Originally Posted by

**HelenMc9** Thanks a million for the help but I'm totally confused by that sorry, I don't really get any of that! I'm doing some Co-ordinate Geometry homework and the topic is 'The Perpendicular Distance from a point to a line' and we haven't come across anything to do with tangents or circles so I think we're expected to do it that way. Is there any other way you can think of to do it? :)

Sorry, I was just musing about how I might approach this problem from a different angle.
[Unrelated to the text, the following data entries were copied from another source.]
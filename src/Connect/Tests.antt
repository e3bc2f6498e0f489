-- ===== src/Connect/Tests.antt =====
-- Runs of the constructors and subscriptions of the connectors, and the theorems at them.
use exchange_apiws.Prelude.{
  ℕ, false, Option, none, some, List, [], ◌∷◌, map, ◌≡◌, refl, ◌∙◌, ap, ◌⊎◌, inr, arith,
  if◌then◌else◌,
}
use exchange_apiws.Prelude.Text.{Text, text, same}
use exchange_apiws.Prelude.Options.{or_else}
use exchange_apiws.Prelude.Int.{ℤ, pos, negsuc}
use exchange_apiws.Prelude.Values.{
  Value, Items, Fields, null, num, str, obj, arr, end, field, nil, cons, to_list, value_json,
  value_float, nat_float,
}
use exchange_apiws.Prelude.Json.{str_at, array_at}
use exchange_apiws.Actors.{order_book}
use exchange_apiws.Clients.Bybit.{BybitCategory}
use exchange_apiws.Streams.Binance.{parse_message, parse_depth_snapshot}
use exchange_apiws.Streams.Bybit as BybitStream
use exchange_apiws.Streams.Kraken as KrakenStream
use exchange_apiws.Connect.{JsonMake, Faithful, find_last}
use exchange_apiws.Connect.Binance.{spot, depth_snapshot_stream, kline_stream}
use exchange_apiws.Connect.Binance.Symbols.{parse_message-depth_snapshot_stream}
use exchange_apiws.Connect.Bybit
use exchange_apiws.Connect.Bybit.Topics
use exchange_apiws.Connect.Kraken.Dispatched

abbrev items : List Value → Items
items [] = nil
items (v ∷ vs) = cons v (items vs)

to_list-items : (vs : List Value) → to_list (items vs) ≡ vs
to_list-items [] = refl
to_list-items (v ∷ vs) = ap (λ l. v ∷ l) (to_list-items vs)

-- The fields, the last before the first.
abbrev fields : List (Text × Value) → Fields → Fields
fields [] acc = acc
fields ((k, v) ∷ rest) acc = fields rest (field k v acc)

get-fields :
    (fs : List (Text × Value)) (acc : Fields) (key : Text)
    → value_json.get (obj (fields fs acc)) key
      ≡ or_else (find_last key fs) (value_json.get (obj acc) key)
get-fields [] acc key = refl
get-fields ((k, v) ∷ fs) acc key = ground (arith, get-fields fs (field k v acc) key)

or_else-none : (o : Option Value) → or_else o none ≡ o
or_else-none none = refl
or_else-none (some v) = refl

abbrev whole : ℤ → Value
whole (pos n) = num n
whole (negsuc n) = null

abbrev make : JsonMake Value
make = record {
  string = str;
  number = num;
  integer = whole;
  array = λ vs. arr (items vs);
  object = λ fs. obj (fields fs end);
  print = λ v. text "{}";
}

make-Faithful : Faithful make
make-Faithful = record {
  get-object = λ fs key. get-fields fs end key ∙ or_else-none (find_last key fs);
  as_str-string = λ s. refl;
  as_array-array = λ vs. ap some (to_list-items vs);
}

-- A decoder that reads one frame, and anything else as another.
abbrev reads : Value → Value → Text → Text ⊎ Value
reads frame sent s = if same s (text "raw") then inr frame else inr sent

spot_url :
    (spot (
      kline_stream (text "BTCUSDT") (text "1m")
      ∷ depth_snapshot_stream (text "ETHUSDT") 7
      ∷ [])).url
    ≡ text "wss://stream.binance.com:9443/stream?streams=btcusdt@kline_1m/ethusdt@depth10@100ms"
unfolding spot kline_stream depth_snapshot_stream
spot_url = refl

-- A depth frame of the stream `btcusdt@depth5@100ms`.
abbrev depth : Value
depth = obj (field (text "lastUpdateId") (num 7) end)

abbrev depth_frame : Value
depth_frame =
    obj (field (text "stream") (str (text "btcusdt@depth5@100ms")) (field (text "data") depth end))

parse_message-depth_snapshot_stream_example :
    parse_message (pos 9) (reads depth_frame null) null (text "binance") (text "raw")
    ≡ inr (
        order_book (parse_depth_snapshot {F = ℕ} (pos 9) (text "binance") (text "BTCUSDT") depth)
        ∷ [])
unfolding depth_snapshot_stream
parse_message-depth_snapshot_stream_example =
    parse_message-depth_snapshot_stream ℕ (pos 9) (reads depth_frame null) null depth_frame depth
      (num 7) (text "binance") (text "raw") (text "BTCUSDT") 3 (ground arith) refl refl refl refl
      refl refl

abbrev subscribed : Dispatched.Subscription
subscribed = Dispatched.books (text "BTC/USD" ∷ text "ETH/USD" ∷ []) 10

abbrev kraken_frame : Value
kraken_frame = obj (
    field (text "channel") (str (text "book")) (field (text "data") (arr (cons (obj end) nil)) end))

parse_message-frame_of_example :
    ((sent : Value) × (reads kraken_frame
          (Dispatched.frame_of make subscribed)
          (Dispatched.text_of make subscribed)
        ≡ inr sent)
      × Dispatched.Asks make sent subscribed)
    × (KrakenStream.parse_message
          (λ s. none)
          (pos 9)
          (reads kraken_frame (Dispatched.frame_of make subscribed))
          (text "raw")
        ≡ inr (Dispatched.messages_of {F = ℕ} (λ s. none) (pos 9) subscribed false (obj end ∷ [])))
parse_message-frame_of_example =
    Dispatched.parse_message-frame_of (λ s. none) (pos 9) make make-Faithful subscribed
      (reads kraken_frame (Dispatched.frame_of make subscribed)) (text "raw") kraken_frame
      (obj end ∷ []) refl refl refl refl refl

abbrev bybit_topics : List Topics.Topic
bybit_topics = Topics.klines (text "BTCUSDT") (text "5") ∷ []

abbrev bybit_sent : Value
bybit_sent = Bybit.frame make (map Topics.name_of (Topics.trades (text "BTCUSDT") ∷ bybit_topics))

abbrev bybit_frame : Value
bybit_frame =
    obj (field (text "topic") (str (text "kline.5.BTCUSDT")) (field (text "data") (arr nil) end))

parse_message-name_of_example :
    ((msg : Text) × (sent : Value) × ((Bybit.build_ws_config make
          (Bybit.new BybitCategory.linear
            (map Topics.name_of (Topics.trades (text "BTCUSDT") ∷ bybit_topics)))
          (text "BTCUSDT")).subscription_msg
        ≡ some msg)
      × (reads bybit_frame bybit_sent msg ≡ inr sent)
      × (str_at sent (text "op") ≡ some (text "subscribe"))
      × (array_at sent (text "args")
          ≡ some (map str (map Topics.name_of (Topics.trades (text "BTCUSDT") ∷ bybit_topics)))))
    × (BybitStream.parse_message {F = ℕ} (pos 9) (reads bybit_frame bybit_sent) (text "raw")
        ≡ inr [])
unfolding BybitStream.kline_topic BybitStream.parse_kline_batch
parse_message-name_of_example =
    Topics.parse_message-name_of (pos 9) make make-Faithful BybitCategory.linear (text "BTCUSDT")
      (Topics.trades (text "BTCUSDT")) bybit_topics (reads bybit_frame bybit_sent) (text "raw")
      bybit_frame (arr nil) (Topics.klines (text "BTCUSDT") (text "5")) refl refl refl refl refl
As I showed in my first post, the tangent lines will have the form:

$\displaystyle y+4=m(x+3)$

So, let's put that into standard form:

$\displaystyle -mx+y+(4-3m)=0$

So, for the standard form of a line we identify:

$\displaystyle A=-m,\,B=1,\,C=4-3m$

Now, our formula for the distance *d* between a point $\displaystyle (x_1,y_1)$ and the line $\displaystyle Ax+By+C=0$ is:

$\displaystyle d=\frac{|Ax_1+By_1+C|}{\sqrt{A^2+C^2}}$

We are given:

$\displaystyle d=\sqrt{10},\,(x_1,y_1)=(2,1)$ and so we have:

$\displaystyle \sqrt{10}=\frac{|-2m+1+4-3m|}{\sqrt{(-m)^2+(1)^2}}$

$\displaystyle \sqrt{10}=\frac{5|m-1|}{\sqrt{m^2+1}}$

Now, square the equation:

$\displaystyle 10=\frac{25(m-1)^2}{m^2+1}$

Now, solve for *m*. You will get two values, corresponding to the two possible lines.

What do you find?

Re: Perpendicular Distance Question

10m² + 10 = 25(m²-2m+1)

10m² + 10 = 25m² -50m + 25

15m²-50m+15=0

3m²-10m+3=0

3m²-9m-m+3=0

3m(m-3)-1(m-3) = 0

(3m-1)(m-3) = 0

3m=1 or m=3

so m=1/3 or m=3. Is that right?

And then I suppose I can fill in the two separate values for m into -mx + y + (4-3m) = 0 to get the two separate equations?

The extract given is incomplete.